Por Iván Rodrigo Mendizábal
(Publicado originalmente en la revista Ache, no. 2, Quito, en diciembre de 2015)
Fotograma de Stalker de Andrei Tarkovski.
No importa dónde se llega sino el embarcarse en un viaje. Tal se podría decirse que es el sentido que encierra el film “Stalker” de Andrei Tarkovski (1979). Aquél justamente es el retrato de un viaje que emprenden dos personajes, un profesor y un escritor, junto a un stalker (una especie de buscador o explorador), al interior de la Zona, zona esta prohibida, lugar abandonado, inexistente aparentemente de vida, producto de alguna hecatombe nuclear, donde los personajes pretenden pedir y hacer que se cumplan sus deseos.
De eso se trata, en sentido general, esta película para mí una de las más grandes de la historia del cine. Es un film sobre cómo se embarcan unos seres en un viaje; aunque el propósito de ellos es más materialista, el stalker nos enseña que lo que se debe buscar es mucho más de lo que uno se ha trazado. Se trata de hacer un viaje espiritual, donde se pone en crisis la razón frente al planteamiento de explorar la verdadera fe que cada ser humano debería tener como algo esencial.
El film es, en este sentido, una especie de clamor. Tiene su tiempo y su ritmo. Para quien se embarcase en la visión de esta película debe entrar en el mismo juego que el stalker plantea a los personajes: mientras ellos pretenden conocer el camino, encontrar lo que han escuchado, saber que es posible cumplir con su deseo, en definitiva probar la existencia de algo que es racional a ellos, el guía les irá insistiendo que de lo que se trata el viaje es recorrer el camino de la existencia de cada uno de ellos, es decir, el camino de la existencia de cada uno de los espectadores.

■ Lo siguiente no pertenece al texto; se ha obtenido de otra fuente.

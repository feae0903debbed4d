-- ===== src/Tests/Unit/Frames.antt =====
-- core-lib/src/frame.rs: `mod tests`. Each test is a Boolean, and it passes.
use echo_proxy_core.Base.{
  ℕ, ◌≡◌, refl, Bool, true, false, not, ◌&&◌, [], ◌∷◌, ◌++◌, codes, ◌==◌, bytes_eq, Result, ok, err,
}
use echo_proxy_core.Frame.{
  Frame, hello, open_stream, open_ack, data_frame, close, FrameError, too_short, unknown_type,
  invalid_utf8, encode, decode, type_open, type_open_ack,
}

-- The derived `PartialEq`.
abbrev frame_eq : Frame → Frame → Bool
frame_eq (hello a) (hello b) = bytes_eq a b
frame_eq (open_stream i a) (open_stream j b) = i == j && bytes_eq a b
frame_eq (open_ack i true) (open_ack j b) = i == j && b
frame_eq (open_ack i false) (open_ack j b) = i == j && not b
frame_eq (data_frame i a) (data_frame j b) = i == j && bytes_eq a b
frame_eq (close i) (close j) = i == j
frame_eq _ _ = false

abbrev is_frame : Frame → Result FrameError Frame → Bool
is_frame f (ok g) = frame_eq f g
is_frame f (err e) = false

abbrev is_too_short : Result FrameError Frame → Bool
is_too_short (err too_short) = true
is_too_short _ = false

abbrev is_unknown_type : ℕ → Result FrameError Frame → Bool
is_unknown_type t (err (unknown_type u)) = u == t
is_unknown_type t _ = false

abbrev is_invalid_utf8 : Result FrameError Frame → Bool
is_invalid_utf8 (err invalid_utf8) = true
is_invalid_utf8 _ = false

abbrev round_trip : Frame → Bool
round_trip frame = is_frame frame (decode (encode frame))

abbrev hello_round_trip : Bool
hello_round_trip = round_trip (hello (codes "550e8400-e29b-41d4-a716-446655440000"))

abbrev open_round_trip : Bool
open_round_trip = round_trip (open_stream 42 (codes "example.com:443"))

abbrev open_ack_ok_round_trip : Bool
open_ack_ok_round_trip = round_trip (open_ack 42 true)

abbrev open_ack_fail_round_trip : Bool
open_ack_fail_round_trip = round_trip (open_ack 99 false)

abbrev data_round_trip : Bool
data_round_trip = round_trip (data_frame 1 (codes "GET / HTTP/1.1\r\n\r\n"))

abbrev data_empty_payload_round_trip : Bool
data_empty_payload_round_trip = round_trip (data_frame 5 [])

abbrev close_round_trip : Bool
close_round_trip = round_trip (close 7)

abbrev stream_id_preserved : Bool
stream_id_preserved =
    round_trip (close 0xDEADBEEF) && round_trip (open_stream 0xDEADBEEF (codes "h:1"))

abbrev too_short_returns_error : Bool
too_short_returns_error = is_too_short (decode (0x01 ∷ 0x00 ∷ [])) && is_too_short (decode [])

abbrev open_ack_missing_status_byte : Bool
open_ack_missing_status_byte =
    is_too_short (decode (type_open_ack ∷ 0x00 ∷ 0x00 ∷ 0x00 ∷ 0x01 ∷ []))

abbrev unknown_type_returns_error : Bool
unknown_type_returns_error = is_unknown_type 0xFF (decode (0xFF ∷ 0x00 ∷ 0x00 ∷ 0x00 ∷ 0x01 ∷ []))

abbrev invalid_utf8_open : Bool
invalid_utf8_open =
    let buf = type_open ∷ 0x00 ∷ 0x00 ∷ 0x00 ∷ 0x01 ∷ [] in
    is_invalid_utf8 (decode (buf ++ 0xFF ∷ []))

round_trips_pass :
    (hello_round_trip && open_round_trip && open_ack_ok_round_trip && open_ack_fail_round_trip
      && data_round_trip && data_empty_payload_round_trip && close_round_trip
      && stream_id_preserved)
    ≡ true
unfolding decode encode echo_proxy_core.Text.Utf8.is_utf8 bytes_eq
round_trips_pass = refl

errors_pass :
    (too_short_returns_error && open_ack_missing_status_byte && unknown_type_returns_error
      && invalid_utf8_open)
    ≡ true
unfolding decode echo_proxy_core.Text.Utf8.is_utf8
errors_pass = refl
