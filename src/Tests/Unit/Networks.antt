-- ===== src/Tests/Unit/Networks.antt =====
-- client/src/geoip.rs: `mod tests`.
use echo_proxy_core.Base.{◌≡◌, refl, Bool, true, false, List, [], ◌∷◌, codes, Result, err, ok}
use echo_proxy_core.Tests.{ascii}
use echo_proxy_core.Tests.Unit.Routes.{v4_nets}
use echo_proxy_core.Client.Geoip.{GeoIpError, io, load_geoip_dat}

abbrev is_io_error : Result GeoIpError (List v4_nets.IpNet) → Bool
is_io_error (err (io e)) = true
is_io_error _ = false

abbrev missing_file_returns_io_error : Bool
missing_file_returns_io_error =
    is_io_error
      (load_geoip_dat v4_nets ascii (err (codes "not found")) (λ bytes. ok []) (codes "cn" ∷ []))

test_passes : missing_file_returns_io_error ≡ true
unfolding load_geoip_dat
test_passes = refl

Por ello el film requiere desarrollar la pasión por el camino de la mano de alguien que guía. Tarkovski lo hace con maestría, pues desde el principio nos declara que no existirá movimiento alguno sin que su cámara haga algo. El tiempo transcurre en la misma medida que transcurre lo que el director quiere que veamos y transitemos. Las imágenes, en este contexto, se muestran lentas y el propio ritmo del film parece ser el de un ritual de adentramiento con su propio tiempo y espacio. Si alguien quisiera ver pura ciencia ficción o una especie de película de acción requiere cambiar su esquema mental pues Tarkovski nos invita a ver un cine poema visual.

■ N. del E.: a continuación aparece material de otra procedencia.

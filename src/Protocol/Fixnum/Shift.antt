-- ===== src/Protocol/Fixnum/Shift.antt =====
-- `rShiftSlice` moves a slice's front to its end and pads.
use gotalk.Common.{
  ℕ, zero, suc, ◌+◌, ◌-◌, ◌≤◌, ◌<◌, ◌≡◌, refl, ◌∙◌, arith, ◌++◌, Bytes, length, set, get_or, take,
  replicate, ltb, leb, ◌&&◌, ◌==◌, if◌then◌else◌, ok, length-set, length-append, length-take,
  length-replicate, get_or-set, get_or-ext, get_or-append, get_or-replicate, get_or-take, take_all,
  ap, ltb-eq_false, eqb-eq_false,
}
use gotalk.Common.Int.{pos}
use gotalk.Protocol.Fixnum.{shift_round, shift_loop, pad_loop, r_shift_slice}

length-shift_round : (w n p : ℕ) (b : Bytes) → length (shift_round w n p b) ≡ length b
unfolding shift_round
length-shift_round w n p b =
    length-set (set b (w + n) (get_or b w 0)) w p ∙ length-set b (w + n) (get_or b w 0)

-- One round, index by index.
get_or-shift_round :
    (w n p : ℕ) (b : Bytes) (i : ℕ)
    → 0 < n
    → w + n < length b
    → get_or (shift_round w n p b) i 0
      ≡ (if w == i then p else if w + n == i then get_or b w 0 else get_or b i 0)
unfolding shift_round
get_or-shift_round w n p b i hn h = ground (
  arith,
  get_or-set (set b (w + n) (get_or b w 0)) w i p 0,
  length-set b (w + n) (get_or b w 0),
  get_or-set b (w + n) i (get_or b w 0) 0,
)

length-shift_loop : (w n p : ℕ) (b : Bytes) → length (shift_loop w n p b) ≡ length b
unfolding shift_loop
length-shift_loop zero n p b = refl
length-shift_loop (suc w) n p b =
    length-shift_loop w n p (shift_round w n p b) ∙ length-shift_round w n p b

length-pad_loop : (c base p : ℕ) (b : Bytes) → length (pad_loop c base p b) ≡ length b
unfolding pad_loop
length-pad_loop zero base p b = refl
length-pad_loop (suc c) base p b =
    omega (arith, length-pad_loop c base p (set b (base + c) p), length-set b (base + c) p)

-- The first loop leaves what is not below `w + n`,
shift_loop_above :
    (w n p : ℕ) (b : Bytes) (i : ℕ)
    → 0 < n
    → w + n ≤ length b
    → w + n ≤ i
    → get_or (shift_loop w n p b) i 0 ≡ get_or b i 0
unfolding shift_loop
shift_loop_above zero n p b i hn h lo = refl
shift_loop_above (suc w) n p b i hn h lo = ground (
  arith,
  shift_loop_above w n p (shift_round w n p b) i,
  length-shift_round w n p b,
  get_or-shift_round w n p b i,
)

-- moves the bytes below `w` up by `n`,
shift_loop_moved :
    (w n p : ℕ) (b : Bytes) (i : ℕ)
    → 0 < n
    → w + n ≤ length b
    → i < w
    → get_or (shift_loop w n p b) (i + n) 0 ≡ get_or b i 0
unfolding shift_loop
shift_loop_moved zero n p b i hn h hi = absurd (omega arith)
shift_loop_moved (suc w) n p b i hn h hi = ground (
  arith,
  shift_loop_moved w n p (shift_round w n p b) i,
  shift_loop_above w n p (shift_round w n p b) (i + n),
  length-shift_round w n p b,
  get_or-shift_round w n p b i,
  get_or-shift_round w n p b (i + n),
)

-- and pads below `n` as far as `w`.
shift_loop_below :
    (w n p : ℕ) (b : Bytes) (i : ℕ)
    → 0 < n
    → w + n ≤ length b
    → i < n
    → get_or (shift_loop w n p b) i 0 ≡ (if ltb i w then p else get_or b i 0)
unfolding shift_loop
shift_loop_below zero n p b i hn h hi = ground arith
shift_loop_below (suc w) n p b i hn h hi = ground (
  arith,
  shift_loop_below w n p (shift_round w n p b) i,
  length-shift_round w n p b,
  get_or-shift_round w n p b i,
)

get_or-pad_loop :
    (c base p : ℕ) (b : Bytes) (i : ℕ)
    → base + c ≤ length b
    → get_or (pad_loop c base p b) i 0
      ≡ (if leb base i && ltb i (base + c) then p else get_or b i 0)
unfolding pad_loop
get_or-pad_loop zero base p b i h = ground arith
get_or-pad_loop (suc c) base p b i h = ground (
  arith,
  get_or-pad_loop c base p (set b (base + c) p) i,
  length-set b (base + c) p,
  get_or-set b (base + c) i p 0,
)

-- The two loops together, index by index.
get_or-shifted :
    (n p : ℕ) (b : Bytes) (i : ℕ)
    → 0 < n
    → n ≤ length b
    → i < length b
    → get_or (pad_loop (n - (length b - n)) (length b - n) p (shift_loop (length b - n) n p b)) i 0
      ≡ get_or (replicate n p ++ take (length b - n) b) i 0
get_or-shifted n p b i hn h hi = ground (
  arith,
  get_or-pad_loop (n - (length b - n)) (length b - n) p (shift_loop (length b - n) n p b) i,
  length-shift_loop (length b - n) n p b,
  shift_loop_below (length b - n) n p b i,
  shift_loop_moved (length b - n) n p b (i - n),
  get_or-append (replicate n p) (take (length b - n) b) i 0,
  length-replicate n p,
  get_or-replicate n i p 0,
  get_or-take (length b - n) (i - n) b 0,
)

-- For `n` at most the slice's length, the in-place loops of `rShiftSlice` give `n` padding bytes
-- followed by the slice without its last `n` bytes, and do not index out of range.
pub r_shift_slice-pos :
    (b : Bytes) (n p : ℕ)
    → n ≤ length b
    → r_shift_slice b (pos n) p ≡ ok (replicate n p ++ take (length b - n) b)
unfolding r_shift_slice
r_shift_slice-pos b zero p h = ground (arith, take_all (length b - 0) b)
r_shift_slice-pos b (suc m) p h =
    let n = suc m in
    let moved : Bytes = shift_loop (length b - n) n p b in
    let out : Bytes = pad_loop (n - (length b - n)) (length b - n) p moved in
    let same : length out ≡ length b =
      length-pad_loop (n - (length b - n)) (length b - n) p moved
      ∙ length-shift_loop (length b - n) n p b in
    rw (eqb-eq_false n 0 (λ e. omega arith), ltb-eq_false (length b) n h)
      (ap ok (
        get_or-ext 0 out (replicate n p ++ take (length b - n) b)
          (omega (
            arith,
            same,
            length-append (replicate n p) (take (length b - n) b),
            length-replicate n p,
            length-take (length b - n) b,
          ))
          (λ i hi. get_or-shifted n p b i (omega arith) h (omega (arith, same)))))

Acostumbrado a propuestas estéticas de ruptura con el cine convencional, incluso con la propia estética socialista del que fuera en su momento el cine soviético, la película abunda en un tema propio, personal: el de la búsqueda de la espiritualidad, el reencuentro con la fe, el diálogo con Dios. Por ello el argumento, lineal en todo caso, es sorprendente: los personajes no pasan sólo peligros (la base militar, la zona agreste y misteriosa), sino deben explorar al interior de sus conciencias, hecho que les pone en una crisis personal; desde allá ellos deben replantearse lo que son y lo que piensan. De ahí la importancia de este film: nos obliga, mediante imágenes poéticas, metafóricas, a ver nuestro interior. Ahí radica la intensidad de la película, la cual, en la medida que transcurre nos induce a preguntarnos cuán dominados estamos dominados por nuestros deseos materiales, por nuestros propios sentimientos egoístas que nos ha hecho olvidar la dimensión que hace al verdadero ser humano, su fe en la propia existencia y en la vida.

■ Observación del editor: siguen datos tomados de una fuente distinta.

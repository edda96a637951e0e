-- ===== src/Protocol/Fixnum/Copy.antt =====
-- `copyFixnum` writes the zero-padded digits in place, or panics where they do not fit.
use gotalk.Common.{
  ℕ, zero, suc, ◌-◌, ◌/◌, ◌%◌, ◌^◌, ◌≤◌, ◌<◌, ◌≡◌, refl, ◌∙◌, arith, ap, [], ◌∷◌, ◌++◌, Bytes,
  length, take, drop, replicate, ltb, if◌then◌else◌, ok, panic, length-append, length-take,
  length-drop, take-append, append_assoc, ltb-eq_false, leb-eq_true, Bool-cases, inl, inr,
  append-nil, sym, leb-eq_false, take-take, drop-append_le, drop-drop,
}
use native.Mathlib.Nat.{one-le-pow, mod-eq_of_lt, div-eq_of_lt, sub-zero, suc-sub-suc}
use gotalk.Protocol.Fixnum.{
  write_digits, digit, format_bits, format_uint, r_shift_slice, copy_fixnum, hex_digits,
}
use gotalk.Protocol.Fixnum.Shift.{r_shift_slice-pos}

pub length-hex_digits : (k n : ℕ) → length (hex_digits k n) ≡ k
unfolding hex_digits
length-hex_digits zero n = refl
length-hex_digits (suc k) n = omega (
  arith,
  length-append (hex_digits k (n / 16)) (digit (n % 16) ∷ []),
  length-hex_digits k (n / 16),
)

-- The number of digits, at least one.
pub digit_count : ℕ → ℕ → ℕ
digit_count zero n = 1
digit_count (suc fuel) n = let more = digit_count fuel (n / 16) in if ltb n 16 then 1 else suc more

digit_count_bounds : (fuel n : ℕ) → (1 ≤ digit_count fuel n) × (digit_count fuel n ≤ suc fuel)
unfolding digit_count
digit_count_bounds zero n = omega arith
digit_count_bounds (suc fuel) n = ground (arith, digit_count_bounds fuel (n / 16))

hex_digits-one : (n : ℕ) → n < 16 → hex_digits 1 n ≡ digit n ∷ []
unfolding hex_digits
hex_digits-one n h = rw (mod-eq_of_lt h)

-- The digits that `formatBits` writes are the reference's at their own count.
format_bits-hex_digits :
    (fuel n : ℕ) (out : Bytes)
    → n < 16 ^ suc fuel
    → format_bits fuel n out ≡ hex_digits (digit_count fuel n) n ++ out
unfolding format_bits digit_count
format_bits-hex_digits zero n out h = rw (hex_digits-one n (omega arith))
format_bits-hex_digits (suc fuel) n out h = elim (Bool-cases (ltb n 16)) [
  | inl small ↦ rw (small, hex_digits-one n (ground arith))
  | inr big ↦ rw big (
      format_bits-hex_digits fuel (n / 16) (digit (n % 16) ∷ out) (omega arith)
      ∙ unfold hex_digits in
        sym (
          append_assoc (hex_digits (digit_count fuel (n / 16)) (n / 16)) (digit (n % 16) ∷ []) out))
]

replicate-snoc : (k a : ℕ) → replicate k a ++ (a ∷ []) ≡ a ∷ replicate k a
replicate-snoc zero a = refl
replicate-snoc (suc k) a = ap (◌∷◌ a) (replicate-snoc k a)

pub hex_digits-zero : (k : ℕ) → hex_digits k 0 ≡ replicate k 48
unfolding hex_digits digit
hex_digits-zero zero = refl
hex_digits-zero (suc k) = rw (hex_digits-zero k) (replicate-snoc k 48)

hex_digits-small : (k n : ℕ) → n < 16 → hex_digits (suc k) n ≡ replicate k 48 ++ (digit n ∷ [])
unfolding hex_digits
hex_digits-small k n h = rw (div-eq_of_lt h, mod-eq_of_lt h, hex_digits-zero k)

hex_digits-suc : (k n : ℕ) → hex_digits (suc k) n ≡ hex_digits k (n / 16) ++ (digit (n % 16) ∷ [])
unfolding hex_digits
hex_digits-suc k n = refl

-- Leading zeros fill the width.
hex_digits-pad :
    (fuel k n : ℕ)
    → n < 16 ^ suc fuel
    → digit_count fuel n ≤ k
    → hex_digits k n ≡ replicate (k - digit_count fuel n) 48 ++ hex_digits (digit_count fuel n) n
unfolding digit_count
hex_digits-pad fuel zero n h hk = absurd (omega (arith, digit_count_bounds fuel n))
hex_digits-pad zero (suc k) n h hk =
    rw (hex_digits-one n (omega arith), suc-sub-suc, sub-zero) (hex_digits-small k n (omega arith))
hex_digits-pad (suc fuel) (suc k) n h hk = elim (Bool-cases (ltb n 16)) [
  | inl small ↦
      rw (small, hex_digits-one n (ground arith), suc-sub-suc, sub-zero)
        (hex_digits-small k n (ground arith))
  | inr big ↦
      rw (big, suc-sub-suc)
        (hex_digits-suc k n
          ∙ ap (λ s. s ++ (digit (n % 16) ∷ []))
              (hex_digits-pad fuel k (n / 16) (omega arith) (ground arith))
          ∙ append_assoc (replicate (k - digit_count fuel (n / 16)) 48)
              (hex_digits (digit_count fuel (n / 16)) (n / 16)) (digit (n % 16) ∷ [])
          ∙ ap (◌++◌ (replicate (k - digit_count fuel (n / 16)) 48))
              (sym (hex_digits-suc (digit_count fuel (n / 16)) n)))
]

pub digit_count-le : (fuel k n : ℕ) → 0 < k → n < 16 ^ k → digit_count fuel n ≤ k
unfolding digit_count
digit_count-le fuel zero n hk h = absurd (omega arith)
digit_count-le zero (suc k) n hk h = omega arith
digit_count-le (suc fuel) (suc zero) n hk h = ground arith
digit_count-le (suc fuel) (suc (suc k)) n hk h =
    ground (arith, digit_count-le fuel (suc k) (n / 16) (omega arith) (omega arith))

lt-digit_count : (fuel k n : ℕ) → n < 16 ^ suc fuel → 0 < k → 16 ^ k ≤ n → k < digit_count fuel n
unfolding digit_count
lt-digit_count fuel zero n h hk big = absurd (omega arith)
lt-digit_count zero (suc k) n h hk big = absurd (omega (arith, one-le-pow k 16 (omega arith)))
lt-digit_count (suc fuel) (suc zero) n h hk big = ground (arith, digit_count_bounds fuel (n / 16))
lt-digit_count (suc fuel) (suc (suc k)) n h hk big = ground (
  arith,
  one-le-pow k 16 (omega arith),
  lt-digit_count fuel (suc k) (n / 16) (omega arith) (omega arith) (omega arith),
)

-- `strconv.AppendUint` of a uint64: its digits, with none in front that could be left out.
format_uint-hex_digits : (n : ℕ) → n < 2 ^ 64 → format_uint n ≡ hex_digits (digit_count 15 n) n
unfolding format_uint
format_uint-hex_digits n h = format_bits-hex_digits 15 n [] (omega arith) ∙ append-nil _

length-format_uint : (n : ℕ) → n < 2 ^ 64 → length (format_uint n) ≡ digit_count 15 n
length-format_uint n h = rw (format_uint-hex_digits n h) (length-hex_digits (digit_count 15 n) n)

pub write_digits-pad :
    (buf : Bytes) (k : ℕ) (digits : Bytes)
    → length digits ≤ k
    → k ≤ length buf
    → write_digits buf k digits ≡ ok ((replicate (k - length digits) 48 ++ digits) ++ drop k buf)
unfolding write_digits
write_digits-pad buf k digits few room =
    let z = length digits in
    let both : Bytes = digits ++ drop z buf in
    let len : length (take k both) ≡ k =
      omega (arith, length-take k both, length-append digits (drop z buf), length-drop z buf) in
    let front : take (length (take k both) - (k - z)) (take k both) ≡ digits =
      ap (λ m. take m (take k both)) (omega (arith, len))
      ∙ take-take z k both few
      ∙ take-append z digits (drop z buf) refl in
    let back : drop k both ≡ drop k buf =
      drop-append_le k digits (drop z buf) few
      ∙ drop-drop (k - z) z buf
      ∙ ap (λ m. drop m buf) (omega arith) in
    rw (
      leb-eq_true z (length buf) (omega arith),
      ltb-eq_false (length buf) k room,
      leb-eq_true z k few,
      r_shift_slice-pos (take k both) (k - z) 48 (omega (arith, len)),
      front,
      back,
    )

pub write_digits-panic :
    (buf : Bytes) (k : ℕ) (digits : Bytes) → k < length digits → write_digits buf k digits ≡ panic
unfolding write_digits r_shift_slice
write_digits-panic buf k digits many = elim (Bool-cases (ltb (length buf) k)) [
  | inl short ↦ rw short
  | inr room ↦ rw (room, leb-eq_false (length digits) k many)
]

-- For a positive width `k` within the buffer, `copyFixnum` of a 64-bit number below `16 ^ k`
-- succeeds, writes exactly its `k` zero-padded hexadecimal digits and leaves the bytes behind them.
pub copy_fixnum-hex_digits :
    (buf : Bytes) (k n : ℕ)
    → 0 < k
    → k ≤ length buf
    → n < 16 ^ k
    → n < 2 ^ 64
    → copy_fixnum buf k n ≡ ok (hex_digits k n ++ drop k buf)
unfolding copy_fixnum
copy_fixnum-hex_digits buf k n hk room fits h =
    let few : digit_count 15 n ≤ k = digit_count-le 15 k n hk fits in
    let len : length (format_uint n) ≡ digit_count 15 n = length-format_uint n h in
    write_digits-pad buf k (format_uint n) (omega (arith, len, few)) room
    ∙ ap (λ s. ok (s ++ drop k buf))
        (rw (len, format_uint-hex_digits n h) (sym (hex_digits-pad 15 k n (omega arith) few)))

-- For a positive width `k`, `copyFixnum` of a 64-bit number from `16 ^ k` on panics, whatever the
-- buffer.
pub copy_fixnum-panic :
    (buf : Bytes) (k n : ℕ) → 0 < k → 16 ^ k ≤ n → n < 2 ^ 64 → copy_fixnum buf k n ≡ panic
unfolding copy_fixnum
copy_fixnum-panic buf k n hk big h =
    write_digits-panic buf k (format_uint n)
      (omega (arith, length-format_uint n h, lt-digit_count 15 k n (omega arith) hk big))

Entonces, no importa dónde se llega, sino el camino a recorrer; el viaje para encontrar la conciencia de la fe siempre será infinito. En el materialismo las personas creen haberse realizado con las cosas materiales; de este modo, creen que han llegado a culminar su existencia; Tarkovski nos enfrenta a romper este modelo. Tal la razón por la cual este film para mí es quizá la expresión cumbre de un cine verdadero.